The Japanese government is also signaling favorable developments. Japan plans to reduce the tax rate on cryptocurrency investment gains from a maximum of 55% to 20%, and intends to launch more ETFs linked to specific cryptocurrencies. Japan has already launched its first XRP ETF and established long-term cooperation with Ripple through channels like SBI Holdings in the cross-border payment field.
On-Chain Supply Structure Improves, Whale Selling Pressure Weakens
The holdings of XRP on centralized exchanges have fallen to about $2.6 billion, a new low since July 2024. This reflects investor preference for transferring tokens into self-custody wallets, with relatively limited circulating supply in the short term.
Although Ripple plans to unlock 1 billion XRP in January 2026, historical data shows that about two-thirds or even up to four-fifths of unlocked XRP are often quickly re-escrowed, with only a limited amount actually entering the secondary market. The 30-day moving average of whale fund flows indicates that selling pressure has eased.

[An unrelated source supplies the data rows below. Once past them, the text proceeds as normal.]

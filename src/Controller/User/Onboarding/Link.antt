-- ===== src/Controller/User/Onboarding/Link.antt =====
-- What onboarding.go leaves behind: a result that says that a link was created stands for a secret
-- that holds it.
use Prim.Native.String.{◌++◌ as ◌<>◌}
use pocketid_operator.Base.{
  ◌≡◌, refl, ap, inl, inr, String, true, not, ◌&&◌, ◌||◌, is_empty, [], ◌∷◌, arith, Bool-cases,
}
use pocketid_operator.Error.{Result, ok, err, Result-cases}
use pocketid_operator.Api.Meta.{Key, ObjectMeta, named}
use pocketid_operator.Api.Core.{Secret}
use pocketid_operator.Api.User.{User}
use pocketid_operator.Api.Instance.{Instance}
use pocketid_operator.PocketId.Types.{User as Account}
use pocketid_operator.PocketId.Request.{Client, method_post, empty_object, Request}
use pocketid_operator.PocketId.Client.{create_one_time_access_token, do_request, request, user_path}
use pocketid_operator.World.{
  Env, History, pure, on_error, fetch, put, clock, send, Verb, create, update, user_kind,
  secret_kind, ◌>>=◌, sent, wrote, got,
}
use pocketid_operator.World.Effects.{effects}
use pocketid_operator.Controller.User.Onboarding.{
  OnboardingResult, before_onboarding, resolve_onboarding_secret_name, write_link_secret,
  store_one_time_access_link, mark_email, create_link, reconcile_onboarding,
}

module _ (env : Env) (c : Client) (u : User) (a : Account) (i : Instance) where
  abbrev token_request : Request
  token_request = request c method_post (user_path a.id <> "/one-time-access-token") empty_object

  -- A run whose two effects are a request for a token and a write of a secret with the link of that
  -- token, the answer to the write being a success.
  pub record StoresLink (h h' : History) : Type 0 where
    pub token : String
    pub answer : (create_one_time_access_token env c a.id h).0 ≡ ok (record { token = token })
    pub verb : Verb
    pub secret : Secret
    pub link : secret.contents ≡ ("ONE_TIME_ACCESS_LINK", i.spec.app_url <> "/login/" <> token) ∷ []
    pub at_write : History
    pub stored : Secret
    pub granted : env.write verb secret_kind at_write secret ≡ ok stored
    pub two_effects : effects h' ≡ wrote verb secret_kind secret ∷ sent token_request ∷ effects h

  -- The result tells the same as the status, or a link was stored and it says so;
  -- `SendOnboardingEmail` then makes it say that an email was sent, too.
  pub data Onboards (r : OnboardingResult) (h h' : History) : Type 0 where
    unchanged : r ≡ before_onboarding u → Onboards r h h'
    linked :
        StoresLink h h'
        → r.link_created ≡ true
        → r.email_sent ≡ (u.spec.send_onboarding_email || u.status.onboarding_email_sent)
        → Onboards r h h'

  abbrev link_of : String → String
  link_of token = i.spec.app_url <> "/login/" <> token

  -- What holds of each answer to the write of the secret.
  abbrev Stored : (h h' : History) → Result Secret → Type 0
  Stored h h' (err e) = Unit {0}
  Stored h h' (ok s) = StoresLink h h'

  abbrev after_request : History → History
  after_request h = sent token_request ∷ h

  Stored-of-answer :
      (h hw : History) (token : String) (v : Verb) (secret : Secret) (r : Result Secret)
      → (create_one_time_access_token env c a.id h).0 ≡ ok (record { token = token })
      → secret.contents ≡ ("ONE_TIME_ACCESS_LINK", link_of token) ∷ []
      → effects hw ≡ sent token_request ∷ effects h
      → env.write v secret_kind hw secret ≡ r
      → Stored h (wrote v secret_kind secret ∷ hw) r
  Stored-of-answer h hw token v secret (err e) p q same w = tt
  Stored-of-answer h hw token v secret (ok stored) p q same w = record {
    token = token;
    answer = p;
    verb = v;
    secret = secret;
    link = q;
    at_write = hw;
    stored = stored;
    granted = w;
    two_effects = ap (λ es. wrote v secret_kind secret ∷ es) same;
  }

  Stored-of-write :
      (h hw : History) (token : String) (m : ObjectMeta) (found : Result Secret)
      → (create_one_time_access_token env c a.id h).0 ≡ ok (record { token = token })
      → effects hw ≡ sent token_request ∷ effects h
      → let secret : Secret = record {
        metadata = m;
        contents = ("ONE_TIME_ACCESS_LINK", link_of token) ∷ [];
      } in
        Stored h (write_link_secret env secret found hw).1 (write_link_secret env secret found hw).0
  unfolding write_link_secret put
  Stored-of-write h hw token m (err e) p same =
      Stored-of-answer h hw token create _ _ p refl same refl
  Stored-of-write h hw token m (ok x) p same =
      Stored-of-answer h hw token update _ _ p refl same refl

  stores_link :
      (h : History) (token name : String)
      → (create_one_time_access_token env c a.id h).0 ≡ ok (record { token = token })
      → Stored h
          (store_one_time_access_link env u name (link_of token) (after_request h)).1
          (store_one_time_access_link env u name (link_of token) (after_request h)).0
  unfolding store_one_time_access_link fetch ◌>>=◌
  stores_link h token name p =
      elim (Result-cases
        (env.set_controller_reference user_kind u.metadata (named name u.namespace))) [
          | inl (e, q) ↦ rw (q, on_error) tt
          | inr (m, q) ↦
              let key : Key = record { name = name; namespace = u.namespace } in
              rw (q, on_error)
                (Stored-of-write h (got secret_kind key ∷ after_request h) token m
                  (env.get secret_kind (after_request h) key) p refl)
        ]

  Onboards-of-mark_email :
      (h h' : History)
      → StoresLink h h'
      → Onboards (mark_email env u h').0 h (mark_email env u h').1
  unfolding mark_email clock ◌>>=◌
  Onboards-of-mark_email h h' s =
      elim (Bool-cases (u.spec.send_onboarding_email && not u.status.onboarding_email_sent)) [
        | inl fresh ↦ rw fresh (
            linked
              (record {
                token = s.token;
                answer = s.answer;
                verb = s.verb;
                secret = s.secret;
                link = s.link;
                at_write = s.at_write;
                stored = s.stored;
                granted = s.granted;
                two_effects = s.two_effects;
              })
              refl (ground arith))
        | inr old ↦ rw old (linked s refl (ground arith))
      ]

  Onboards-of-Stored :
      (h h' : History) (r : Result Secret)
      → Stored h h' r
      → let q = on_error r (λ e. pure (before_onboarding u)) (λ s. mark_email env u) h' in
        Onboards q.0 h q.1
  Onboards-of-Stored h h' (err e) s = unchanged refl
  Onboards-of-Stored h h' (ok x) s = Onboards-of-mark_email h h' s

  Onboards-of-create_link :
      (h : History) (name : String)
      → Onboards (create_link env c u a i name h).0 h (create_link env c u a i name h).1
  unfolding create_link create_one_time_access_token do_request send ◌>>=◌
  Onboards-of-create_link h name =
      elim (Result-cases (create_one_time_access_token env c a.id h).0) [
        | inl (e, p) ↦ rw (p, on_error) (unchanged refl)
        | inr (r, p) ↦
            let stored =
              store_one_time_access_link env u name (link_of r.token) (after_request h) in
            rw (p, on_error) (Onboards-of-Stored h stored.1 stored.0 (stores_link h r.token name p))
      ]

  -- Onboarding gives the result that the status already tells, or it says that a link was created,
  -- and then its effects are two: a request for a token that PocketID granted, and a write of a
  -- secret, granted too, whose content is the login link with that token. In that case it also says
  -- that an email was sent where the resource asks for one, though no effect sends it.
  pub reconcile_onboarding-either :
      (h : History)
      → Onboards (reconcile_onboarding env c u a i h).0 h (reconcile_onboarding env c u a i h).1
  unfolding reconcile_onboarding
  reconcile_onboarding-either h =
      elim (Bool-cases
        (is_empty (resolve_onboarding_secret_name u) || u.status.onboarding_link_created)) [
          | inl skipped ↦ rw skipped (unchanged refl)
          | inr open_ ↦ rw open_ (Onboards-of-create_link h (resolve_onboarding_secret_name u))
        ]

Derivatives Market Matures, Institutional Trading Infrastructure Improves
CME Group has launched XRP futures based on spot prices, with nominal trading volume reaching hundreds of billions of dollars, making it one of the fastest assets to surpass high open interest. XRP futures now support TAS (Trade at Settlement), allowing traders to settle at the closing price of the day.
These infrastructural improvements reflect XRP’s transition from a high-volatility crypto asset to an institutional-grade financial instrument. Institutions generally adopt a “derivatives-first” strategy, using futures, swaps, and margin structures to control risk and gradually expand exposure.
Summary
The 24-hour increase of 0.56% in XRP is not accidental. Behind it are continuous strategic allocations by institutions, rapid ecosystem expansion, policy environment improvements, and recognition from traditional finance. From $0.002 in 2014 to $2.06 today, XRP has completed its transformation from a “high-risk crypto” to an “institutionally configurable asset.”
Standard Chartered’s predicted 288% increase, the 2200% annual growth in ecosystem RWA scale, and contrarian net inflows into institutional ETFs are not isolated data points but multiple facets of the same trend. The key future points to watch are: when will XRPL’s smart contract functionality go live, the progress of cross-border payment applications, and whether policy environments continue to improve. These factors could all become drivers for XRP’s next price phase.